Почти все приглашенные уже были в сборе. Чествовать св. Ива собралось блестящее общество. Во-первых, налицо имелся адвокат Паж, никогда не выступавший в суде иначе как под хмельком, затем секретарь суда, привыкший писать свои каракули, клюя носом, прокурор Рапэн, получивший однажды в подарок от одного истца полуведерный бочонок кислого вина, вызвавший этого истца в суд и потребовавший у него прислать ему лучшего, нотариус Артус, съевший как-то семги на десерт, Милло-Рато, одновременно и поэт и портной, автор рождественского гимна, старый, уже двадцать лет не протрезвлявшийся архитектор, господин Менкси, уездный лекарь, лечивший почечных больных, два-три славящихся веселым нравом и великолепным аппетитом купца и, наконец, несколько охотников, обильно снабдивших стол дичью.

При появлении Бенжамена все дружно приветствовали его, и решено было садиться за стол.
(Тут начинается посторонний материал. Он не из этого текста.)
-- ===== src/Contexts/Examples.antt =====
-- The pages of a machine with 200000 thread ids, and the theorems at them.
use java_profiler.Base.{ℕ, ◌≡◌, refl, bit_xor, none, some, arith, update, ◌⊎◌}
use java_profiler.Contexts.Writing.{slot, get-set_context}
use java_profiler.Contexts.{
  Context, Contexts, empty, new, get, get_page, reset, zero_page, write_span, write_root,
  set_context,
}

abbrev span : Context
span = record { span_id = 5; root_span_id = 3; checksum = 6; tags = λ _. 0 }

abbrev torn : Context
torn = record { span_id = 5; root_span_id = 3; checksum = 7; tags = λ _. 0 }

-- Thread 1025 has a whole context, thread 1026 one that is being written.
abbrev machine : Contexts
machine = record {
  max_pages = 196;
  pages = update (λ _. none) 1 (some (update (update zero_page 2 torn) 1 span));
}

program : Unit {0}
unfolding new get get_page reset
program = tt

whole_read : get machine 1025 ≡ span
unfolding program
whole_read = refl

torn_read : get machine 1026 ≡ empty
unfolding program
torn_read = refl

pages_of_machine : (new 200000).max_pages ≡ 196
unfolding program
pages_of_machine = refl

reset_read : get (reset machine) 1025 ≡ empty
unfolding program
reset_read = refl

-- Thread 1026 after its next whole context.
whole_write : (get (set_context 1026 9 4 machine) 1026).span_id ≡ 9
unfolding program set_context
whole_write = refl

half_read : get (write_span 1025 9 machine) 1025 ≡ empty
unfolding program write_span
half_read = refl

get-set_context_example :
    (let before = slot machine 1025 in
      let one = write_span 1025 9 machine in
      let two = write_root 1025 4 one in
      let after = set_context 1025 9 4 machine in
      (get after 1025 ≡ record before { span_id = 9; root_span_id = 4; checksum = bit_xor 9 4 })
      × ((◌≡◌ {A = ℕ} 1025 1026) ⊎ (get after 1026 ≡ get machine 1026))
      × ((bit_xor 9 before.root_span_id ≡ before.checksum) ⊎ (get one 1025 ≡ empty))
      × ((bit_xor 9 4 ≡ before.checksum) ⊎ (get two 1025 ≡ empty)))
get-set_context_example = get-set_context 1025 9 4 1026 machine (omega arith)
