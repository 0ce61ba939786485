-- ===== src/Dictionary/Key.antt =====
-- Keys as C strings: the copy that a cell holds, the comparison, and the hash.
use java_profiler.Base.{
  ℕ, zero, suc, ◌+◌, ◌*◌, ◌%◌, ◌^◌, ◌<◌, bit_xor, Bool, true, false, ◌&&◌, ◌==◌, ltb, if◌then◌else◌,
  length, get_elem?, List, [], ◌∷◌, ◌++◌, none, some, All, ◌≡◌, refl, ◌↔◌, arith,
}

-- `allocateKey`: the bytes and a terminator.
unfoldable pub allocate_key : List ℕ → List ℕ
allocate_key key = key ++ (0 ∷ [])

-- `strncmp(s, t, n) == 0`; an array that ends before `n` bytes and a terminator compares as different.
unfoldable pub strncmp_equal : List ℕ → List ℕ → ℕ → Bool
strncmp_equal s t zero = true
strncmp_equal (c ∷ s) (k ∷ t) (suc n) =
    let rest = strncmp_equal s t n in if c == k then (if c == 0 then true else rest) else false
strncmp_equal s t (suc n) = false

unfoldable pub key_equals : List ℕ → List ℕ → ℕ → Bool
unfolding strncmp_equal
key_equals candidate key n =
    strncmp_equal candidate key n
    && (elim (get_elem? candidate n) [ none ↦ false | some c ↦ c == 0 ])

-- A `char` is signed on x86-64: it is extended to 32 bits before the exclusive or.
unfoldable pub extend_char : ℕ → ℕ
extend_char c = if ltb c 0x80 then c else c + 0xffffff00

unfoldable pub hash_loop : ℕ → List ℕ → ℕ
unfolding extend_char
hash_loop h [] = h
hash_loop h (c ∷ key) = hash_loop (bit_xor h (extend_char c) * 16777619 % 2 ^ 32) key

-- FNV-1a
unfoldable pub hash : List ℕ → ℕ
unfolding hash_loop
hash key = hash_loop 2166136261 key

-- A key holds no terminator.
abbrev pub IsText : List ℕ → Type 0
IsText = All (λ c. 0 < c)

-- The stored copy of a key compares as equal to that key and to no other.
pub key_equals-allocate_key :
    (key j : List ℕ)
    → IsText key
    → IsText j
    → (key_equals (allocate_key key) j (length j) ≡ true) ↔ (key ≡ j)
unfolding key_equals allocate_key
key_equals-allocate_key [] [] hk hj = (λ _. refl, λ _. refl)
key_equals-allocate_key [] (b ∷ j) hk hj = (λ e. ground arith, λ e. cc)
key_equals-allocate_key (a ∷ key) [] hk hj = (λ e. ground arith, λ e. cc)
key_equals-allocate_key (a ∷ key) (b ∷ j) hk hj =
    let (f, g) = key_equals-allocate_key key j hk.1 hj.1 in
    (λ e. ground (arith, f), λ e. ground (arith, g))

-- A stored string is equal to one key at most.
pub key_equals_unique :
    (candidate j k : List ℕ)
    → IsText j
    → IsText k
    → key_equals candidate j (length j) ≡ true
    → key_equals candidate k (length k) ≡ true
    → j ≡ k
unfolding key_equals
key_equals_unique [] [] [] hj hk p q = refl
key_equals_unique [] [] (b ∷ k) hj hk p q = ground arith
key_equals_unique [] (a ∷ j) k hj hk p q = ground arith
key_equals_unique (c ∷ s) [] [] hj hk p q = refl
key_equals_unique (c ∷ s) [] (b ∷ k) hj hk p q = ground arith
key_equals_unique (c ∷ s) (a ∷ j) [] hj hk p q = ground arith
key_equals_unique (c ∷ s) (a ∷ j) (b ∷ k) hj hk p q =
    ground (arith, key_equals_unique s j k hj.1 hk.1)
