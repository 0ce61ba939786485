-- ===== src/Dictionary.antt =====
-- dictionary.cpp: the append-only table that gives each symbol a number. A `DictTable *` is the
-- number of an allocation, `tables` is the memory; table 0 is `_table`. The operations are those of
-- one thread: no other thread writes between a test and its compare-and-swap.
pub mod Key
pub mod Walk
pub mod Row
pub mod Valid
pub mod Frame
pub mod Insert
pub mod Lookup
pub mod Numbers
pub mod Map
mod Examples
use java_profiler.Base.{
  ℕ, zero, suc, ◌+◌, ◌-◌, ◌*◌, ◌/◌, ◌%◌, ◌^◌, bit_or, bit_xor, Bool, true, false, not, ◌==◌, ltb,
  if◌then◌else◌, update, length, List, [], ◌∷◌, Option, none, some,
}
use java_profiler.Dictionary.Key.{hash, key_equals, allocate_key}

abbrev pub row_count : ℕ
row_count = 2 ^ 7

abbrev pub cells : ℕ
cells = 3

abbrev pub table_capacity : ℕ
table_capacity = row_count * cells

-- sizeof(DictTable): 128 rows of four pointers, and the base index with its padding
abbrev pub table_bytes : ℕ
table_bytes = row_count * 32 + 8

pub record DictRow : Type 0 where
  pub keys : ℕ → Option (List ℕ)
  pub next : Option ℕ

pub record DictTable : Type 0 where
  pub rows : ℕ → DictRow
  pub base_index : ℕ

-- The counters of a dictionary's id.
pub record DictCounters : Type 0 where
  pub keys : ℕ
  pub keys_bytes : ℕ
  pub pages : ℕ
  pub bytes : ℕ

pub record Dictionary : Type 0 where
  pub tables : ℕ → DictTable
  pub allocated : ℕ
  pub base_index : ℕ
  pub size : ℕ
  pub counters : DictCounters

-- `index(row, col)`
pub index : DictTable → ℕ → ℕ → ℕ
index table row col = table.base_index + col * 2 ^ 7 + row

abbrev pub empty_row : DictRow
empty_row = record { keys = λ _. none; next = none }

-- What `calloc` and the assignment of `base_index` leave.
abbrev pub new_table : ℕ → DictTable
new_table base = record { rows = λ _. empty_row; base_index = base }

-- The constructor.
pub new : Dictionary
new = record {
  tables = λ _. new_table 1;
  allocated = 1;
  base_index = 1;
  size = 0;
  counters = record { keys = 0; keys_bytes = 0; pages = 1; bytes = table_bytes };
}

-- `clear()`: the tables below the first are freed, and the first is zeroed.
pub clear : Dictionary → Dictionary
clear d = record {
  tables = λ _. new_table 1;
  allocated = 1;
  base_index = 1;
  size = 0;
  counters = record { keys = 0; keys_bytes = 0; pages = 1; bytes = table_bytes };
}

-- What the inner loop of `lookup` meets in a row: a free cell to fill, the key, or neither.
pub data Scan : Type 0 where
  free : ℕ → Scan
  found : ℕ → Scan
  absent : Scan

-- The inner loop, with `left` cells to go from cell `c` on.
pub scan : Bool → List ℕ → (ℕ → Option (List ℕ)) → (left : ℕ) → ℕ → Scan
scan for_insert key keys zero c = absent
scan for_insert key keys (suc left) c =
    let rest = scan for_insert key keys left (c + 1) in
    elim (keys c) [
      | none ↦ if for_insert then free c else rest
      | some candidate ↦ if key_equals candidate key (length key) then found c else rest
    ]

-- `(h >> ROW_BITS) | (h << (32 - ROW_BITS))`
pub rotate : ℕ → ℕ
rotate h = bit_or (h / 2 ^ 7) (h * 2 ^ 25 % 2 ^ 32)

abbrev pub row_at : Dictionary → ℕ → ℕ → DictRow
row_at d t r = (d.tables t).rows r

abbrev pub set_row : Dictionary → ℕ → ℕ → DictRow → ℕ → DictTable
set_row d t r row =
    update d.tables t (record (d.tables t) { rows = update (d.tables t).rows r row })

-- The compare-and-swap of a free cell succeeds. The overflow of the int `_size`, which takes more than
-- five million tables of 384 cells, is left out.
pub store_key : Dictionary → ℕ → ℕ → ℕ → List ℕ → Dictionary
store_key d t r c key = record d {
  tables =
      set_row d t r
        (record (row_at d t r) { keys = update (row_at d t r).keys c (some (allocate_key key)) });
  size = d.size + 1;
  counters = record d.counters {
    keys = d.counters.keys + 1;
    keys_bytes = d.counters.keys_bytes + (length key + 1);
  };
}

-- A new table is allocated, and the compare-and-swap of `row->next` succeeds.
pub add_table : Dictionary → ℕ → ℕ → Dictionary
add_table d t r =
    let base = (d.base_index + table_capacity) % 2 ^ 32 in
    record d {
      tables =
          update (set_row d t r (record (row_at d t r) { next = some d.allocated })) d.allocated
            (new_table base);
      allocated = d.allocated + 1;
      base_index = base;
      counters = record d.counters {
        pages = d.counters.pages + 1;
        bytes = d.counters.bytes + table_bytes;
      };
    }

-- One round of `while (true)` at table `t`, with what the next round does.
pub lookup_row :
    Bool
    → ℕ
    → List ℕ
    → Dictionary
    → ℕ
    → ℕ
    → (Dictionary → ℕ → Option (ℕ × Dictionary))
    → Scan
    → Option ℕ
    → Option (ℕ × Dictionary)
lookup_row for_insert sentinel key d t r again (found c) next = some (index (d.tables t) r c, d)
lookup_row for_insert sentinel key d t r again (free c) next =
    some (index (d.tables t) r c, store_key d t r c key)
lookup_row for_insert sentinel key d t r again absent (some t') = again d t'
lookup_row true sentinel key d t r again absent none = again (add_table d t r) d.allocated
lookup_row false sentinel key d t r again absent none = some (sentinel, d)

-- `while (true)` with fuel; `none` means that the fuel ran out.
pub lookup_loop : ℕ → Bool → ℕ → List ℕ → Dictionary → ℕ → ℕ → Option (ℕ × Dictionary)
lookup_loop zero for_insert sentinel key d t h = none
lookup_loop (suc fuel) for_insert sentinel key d t h =
    let row = row_at d t (h % row_count) in
    lookup_row for_insert sentinel key d t (h % row_count)
      (λ d' t'. lookup_loop fuel for_insert sentinel key d' t' (rotate h))
      (scan for_insert key row.keys cells 0) row.next

-- `lookup(key, length, for_insert, sentinel)`; a walk meets each table once, and one new table.
pub lookup_in : List ℕ → Bool → ℕ → Dictionary → Option (ℕ × Dictionary)
lookup_in key for_insert sentinel d =
    lookup_loop (d.allocated + 1) for_insert sentinel key d 0 (hash key)

pub lookup : List ℕ → Dictionary → Option (ℕ × Dictionary)
lookup key d = lookup_in key true 0 d

-- `lookup(...) != 0`
abbrev pub has_number : Option (ℕ × Dictionary) → Option Bool
has_number none = none
has_number (some (i, _)) = some (not (i == 0))

pub check : List ℕ → Dictionary → Option Bool
check key d = has_number (lookup_in key false 0 d)

-- The sentinel is INT_MAX.
pub bounded_lookup : List ℕ → ℕ → Dictionary → Option (ℕ × Dictionary)
bounded_lookup key size_limit d = lookup_in key (ltb d.size size_limit) (2 ^ 31 - 1) d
За первыми двумя блюдами все шло великолепно. Дядя был очаровательно остроумен, но за десертом головы гостей затуманились: все старались перекричать друг друга. Вскоре разговор превратился в обмен колкостям, брань, заглушающие друг друга остроты, все это производило такой шум, точно разом столкнулась дюжина стаканов.

— Господа! — закричал адвокат Паж. — Я должен попотчевать вас рассказом о моем последнем выступлении. Слушайте.

На лугу полягались два осла. Прибежал хозяин одного из них, негодяй, каких мало, и поколотил чужого осла. Но четвероногое было совсем не смиренного нрава и укусило нашего молодца за мизинец. Его владелец предстал перед судом как ответчик за действия и поступки скотины.

Я выступал как защитник ответчика. «Прежде чем перейти к фактической стороне дела, — сказал я судье, — позвольте остановиться на моральных качествах как осла, которого я защищаю, так и жалобщика. Наш осел совершенно безобидное четвероногое, его уважают все, кто его знает, а деревенский сторож чувствует к нему большое почтение. Бьюсь об заклад, что противная сторона не сможет сказать того же о себе. Этот осел имеет от мэра своей общины удостоверение (такое действительно было ему выдано) в том, что последний ручается за его образцовое поведение. Если истец сумеет представить подобное же, мы не возражаем против уплаты ему тысячи экю убытку».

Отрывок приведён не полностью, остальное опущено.